Ministry methodologies, like fads, come and go. What then are the enduring principles of successful ministry? Drawing from more than 50 years of service in the church and academia, Robertson McQuilkin hones in on five core standards he calls the "five smooth stones": the Bible (it is our ultimate authority); the Congregation (we must align with God's purposes); the Spirit (we must be led by His power); the Plan of Redemption (proclaiming it is every follower's mission); and the Lord Jesus Christ (we must follow His example of servant leadership).

The title, of course, references one of the most beloved stories from the Old Testament: David, armed with his sling and five smooth stones, facing Goliath, the young man's towering nemesis. Unfortunately, this battle metaphor remains inconsistent and incongruous throughout the book because its overall tone is not polemical.
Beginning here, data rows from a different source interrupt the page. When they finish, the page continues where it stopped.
-- ===== src/Block/Tagset/Alloc.antt =====
-- Which tags kb_block_subsystem_tagset_alloc_tag hands out, and how requests are bound to them.
use kobox.Prelude.{
  ==_iff, Bool, Bool-cases, Option-cases, ap, arith, get_or, get_or-set_self, if◌then◌else◌, inl,
  inr, leb, length, length-set, none, pos, refl, set, some, ℕ, ◌+◌, ◌-◌, ◌<◌, ◌==◌, ◌↔◌, ◌∙◌, ◌≡◌,
  ◌≢◌, ◌≤◌, ◌⊎◌,
}
use kobox.Keyed
use kobox.Block.Tagset.Scan.{scan_tags-some, scan_tags-none}
use kobox.Block.Tagset.{
  HwQueue, Tagset, Tagsets, tagset_key, tagset_state_find, tagset_state_for, queue_max, uint32_max,
  hw_at, write_hw, next_after, scan_tags, alloc_from, tagset_alloc_tag, tagset_bind_request,
  tagset_unbind_request, tagset_request,
}

-- What holds of a hardware queue's entry from its creation on.
pub record HwValid (q : HwQueue) : Type 0 where
  pub some_tags : 2 ≤ q.nr_tags
  pub table : q.nr_tags ≤ length q.rqs
  pub small : q.nr_tags < uint32_max
  pub next_low : 1 ≤ q.next_tag
  pub next_high : q.next_tag < q.nr_tags

-- Every tag that the loop may hand out is held by a request.
abbrev pub IsFull : HwQueue → Type 0
IsFull q = (u : ℕ) → 1 ≤ u → u < q.nr_tags → get_or q.rqs u 0 ≢ 0

scan_all :
    (q : HwQueue)
    → HwValid q
    → scan_tags q.rqs q.nr_tags (q.nr_tags - 1) q.next_tag ≡ none
    → IsFull q
scan_all q v h u low high = elim (Bool-cases (leb q.next_tag u)) [
  | inl e ↦ covers (inl (ground arith, ground arith))
  | inr e ↦ covers (inr (ground arith))
]
  where
    covers :
        ((q.next_tag ≤ u) × (u < q.next_tag + (q.nr_tags - 1)))
          ⊎ (u + q.nr_tags < 1 + (q.nr_tags - 1) + q.next_tag)
        → get_or q.rqs u 0 ≢ 0
    covers =
        scan_tags-none q.rqs q.nr_tags (omega arith) v.some_tags (q.nr_tags - 1) q.next_tag u h
          v.next_low (omega arith) low high

-- If the queue is full `alloc_from` answers UINT32_MAX and changes nothing, and otherwise it gives a tag between 1 and `nr_tags` that no request holds.
pub alloc_from_lem :
    (q : HwQueue)
    → HwValid q
    → ((IsFull q × (alloc_from q ≡ (uint32_max, q)))
        ⊎ ((tag : ℕ) × (1 ≤ tag)
            × (tag < q.nr_tags)
            × (get_or q.rqs tag 0 ≡ 0)
            × (alloc_from q ≡ (tag, record q { next_tag = next_after q.nr_tags tag }))))
unfolding alloc_from
alloc_from_lem q v = elim (Option-cases (scan_tags q.rqs q.nr_tags (q.nr_tags - 1) q.next_tag)) [
  | inl e ↦ inl (scan_all q v e, ground arith)
  | inr (tag, e) ↦
      let found =
        scan_tags-some q.rqs q.nr_tags (omega arith) v.some_tags (q.nr_tags - 1) q.next_tag e in
      inr (tag, found.0, found.1, found.2, ground arith)
]

pub alloc_from-HwValid : (q : HwQueue) → HwValid q → HwValid (alloc_from q).1
unfolding alloc_from
alloc_from-HwValid q v = elim (alloc_from_lem q v) [
  | inl (_, e) ↦ rw e v
  | inr (tag, low, high, free, e) ↦ rw e (ground arith)
]

pub set-HwValid :
    (q : HwQueue) (tag request : ℕ) → HwValid q → HwValid (record q { rqs = set q.rqs tag request })
set-HwValid q tag request v = omega (arith, length-set q.rqs tag request)

pub alloc_from-kept :
    (q : HwQueue) → ((alloc_from q).1.rqs ≡ q.rqs) × ((alloc_from q).1.nr_tags ≡ q.nr_tags)
unfolding alloc_from
alloc_from-kept q = (ground arith, ground arith)

module _ (tag_set i : ℕ) where
  -- The tag set is known, and its hardware queue `i` is `q`.
  pub record Has (ts : Tagsets) (q : HwQueue) : Type 0 where
    pub tagset : Tagset
    pub found : tagset_state_find ts tag_set ≡ some tagset
    pub in_array : i < length tagset.hw
    pub within : i < queue_max
    pub entry : hw_at tagset i ≡ q

  pub Has-write :
      (ts : Tagsets) (q : HwQueue) (f : HwQueue → HwQueue)
      → Has ts q
      → Has (write_hw tag_set i f ts) (f q)
  unfolding write_hw tagset_state_find
  Has-write ts q f h = record {
    tagset = record h.tagset { hw = set h.tagset.hw i (f (hw_at h.tagset i)) };
    found = ground (
      arith,
      h.found,
      Keyed.find-modify tagset_key tag_set tag_set
          (λ t. record t { hw = set t.hw i (f (hw_at t i)) }) ts (λ t. refl),
    );
    in_array = omega (arith, h.in_array, length-set h.tagset.hw i (f (hw_at h.tagset i)));
    within = h.within;
    entry = get_or-set_self h.tagset.hw i (f (hw_at h.tagset i)) _ h.in_array ∙ ap f h.entry;
  }

  pub alloc_at :
      (got_node : Bool) (ts : Tagsets) (q : HwQueue)
      → Has ts q
      → tagset_alloc_tag got_node tag_set i ts
        ≡ ((alloc_from q).0, write_hw tag_set i (λ p. (alloc_from p).1) ts)
  unfolding tagset_alloc_tag tagset_state_for
  alloc_at got_node ts q h = ground (arith, h.found, h.within, h.entry)

  pub bind_at :
      (got_node : Bool) (tag request : ℕ) (ts : Tagsets) (q : HwQueue)
      → Has ts q
      → tag < q.nr_tags
      → tagset_bind_request got_node tag_set i tag request ts
        ≡ (pos 0, write_hw tag_set i (λ p. record p { rqs = set p.rqs tag request }) ts)
  unfolding tagset_bind_request tagset_state_for
  bind_at got_node tag request ts q h lt = ground (arith, h.found, h.within, h.entry)

  pub unbind_at :
      (got_node : Bool) (tag request : ℕ) (ts : Tagsets) (q : HwQueue)
      → Has ts q
      → tag < q.nr_tags
      → tagset_unbind_request got_node tag_set i tag request ts ≡ (
          if get_or q.rqs tag 0 == request
          then write_hw tag_set i (λ p. record p { rqs = set p.rqs tag 0 }) ts
          else ts)
  unfolding tagset_unbind_request tagset_state_for
  unbind_at got_node tag request ts q h lt = ground (arith, h.found, h.within, h.entry)

  pub request_at :
      (got_node : Bool) (tag : ℕ) (ts : Tagsets) (q : HwQueue)
      → Has ts q
      → tag < q.nr_tags
      → tagset_request got_node tag_set i tag ts ≡ (get_or q.rqs tag 0, ts)
  unfolding tagset_request tagset_state_for
  request_at got_node tag ts q h lt = ground (arith, h.found, h.within, h.entry)

  -- On a known, well-formed hardware queue the allocation returns UINT32_MAX exactly when every
  -- tag from 1 up to `nr_tags` is bound to a request; so the circular search misses no free tag.
  pub tagset_alloc_tag-IsFull_iff :
      (got_node : Bool) (ts : Tagsets) (q : HwQueue)
      → Has ts q
      → HwValid q
      → ((tagset_alloc_tag got_node tag_set i ts).0 ≡ uint32_max) ↔ IsFull q
  tagset_alloc_tag-IsFull_iff got_node ts q h v =
      rw (alloc_at got_node ts q h) (elim (alloc_from_lem q v) [
        | inl (full, e) ↦ ((λ _. full), (λ _. ap (λ p. p.0) e))
        | inr (tag, low, high, free, e) ↦ (
          (λ top. absurd (omega (arith, v.small, ap (λ p. p.0) e, top))),
          (λ full. absurd (full tag low high free)),
        )
      ])

  -- When a request that holds a tag is unbound, the queue has a free tag again: the next
  -- allocation does not return UINT32_MAX.
  pub tagset_unbind_frees :
      (got_node : Bool) (ts : Tagsets) (q : HwQueue) (tag request : ℕ)
      → Has ts q
      → HwValid q
      → 1 ≤ tag
      → tag < q.nr_tags
      → get_or q.rqs tag 0 ≡ request
      → (tagset_alloc_tag got_node tag_set i
          (tagset_unbind_request got_node tag_set i tag request ts)).0
        ≢ uint32_max
  tagset_unbind_frees got_node ts q tag request h v low high holds full =
      (tagset_alloc_tag-IsFull_iff got_node _ freed has (set-HwValid q tag 0 v)).0 full tag low high
        (get_or-set_self q.rqs tag 0 0 (omega (arith, v.table)))
    where
      freed : HwQueue
      freed = record q { rqs = set q.rqs tag 0 }

      has : Has (tagset_unbind_request got_node tag_set i tag request ts) freed
      has =
          rw (unbind_at got_node tag request ts q h high, (==_iff _ _).1 holds)
            (Has-write ts q (λ p. record p { rqs = set p.rqs tag 0 }) h)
McQuilkin writes simply yet never simplistically, and he enhances his contents with lists, charts and graphics. Within the first few chapters it becomes obvious that The Five Smooth Stones is the distillation of his lifelong journey to grasp the foundation of successful and fruitful ministry. To that degree, he balances deep theology with practical application, as evidenced by his inclusion of a flow chart and a series of diagnostic questions for evaluating the biblical authority for either a doctrine or activity.

Rate the book from 1 (poor) to 5 (excellent) on these criteria: Practicality (4); Insight (4); Theological Depth (5); Readability (4).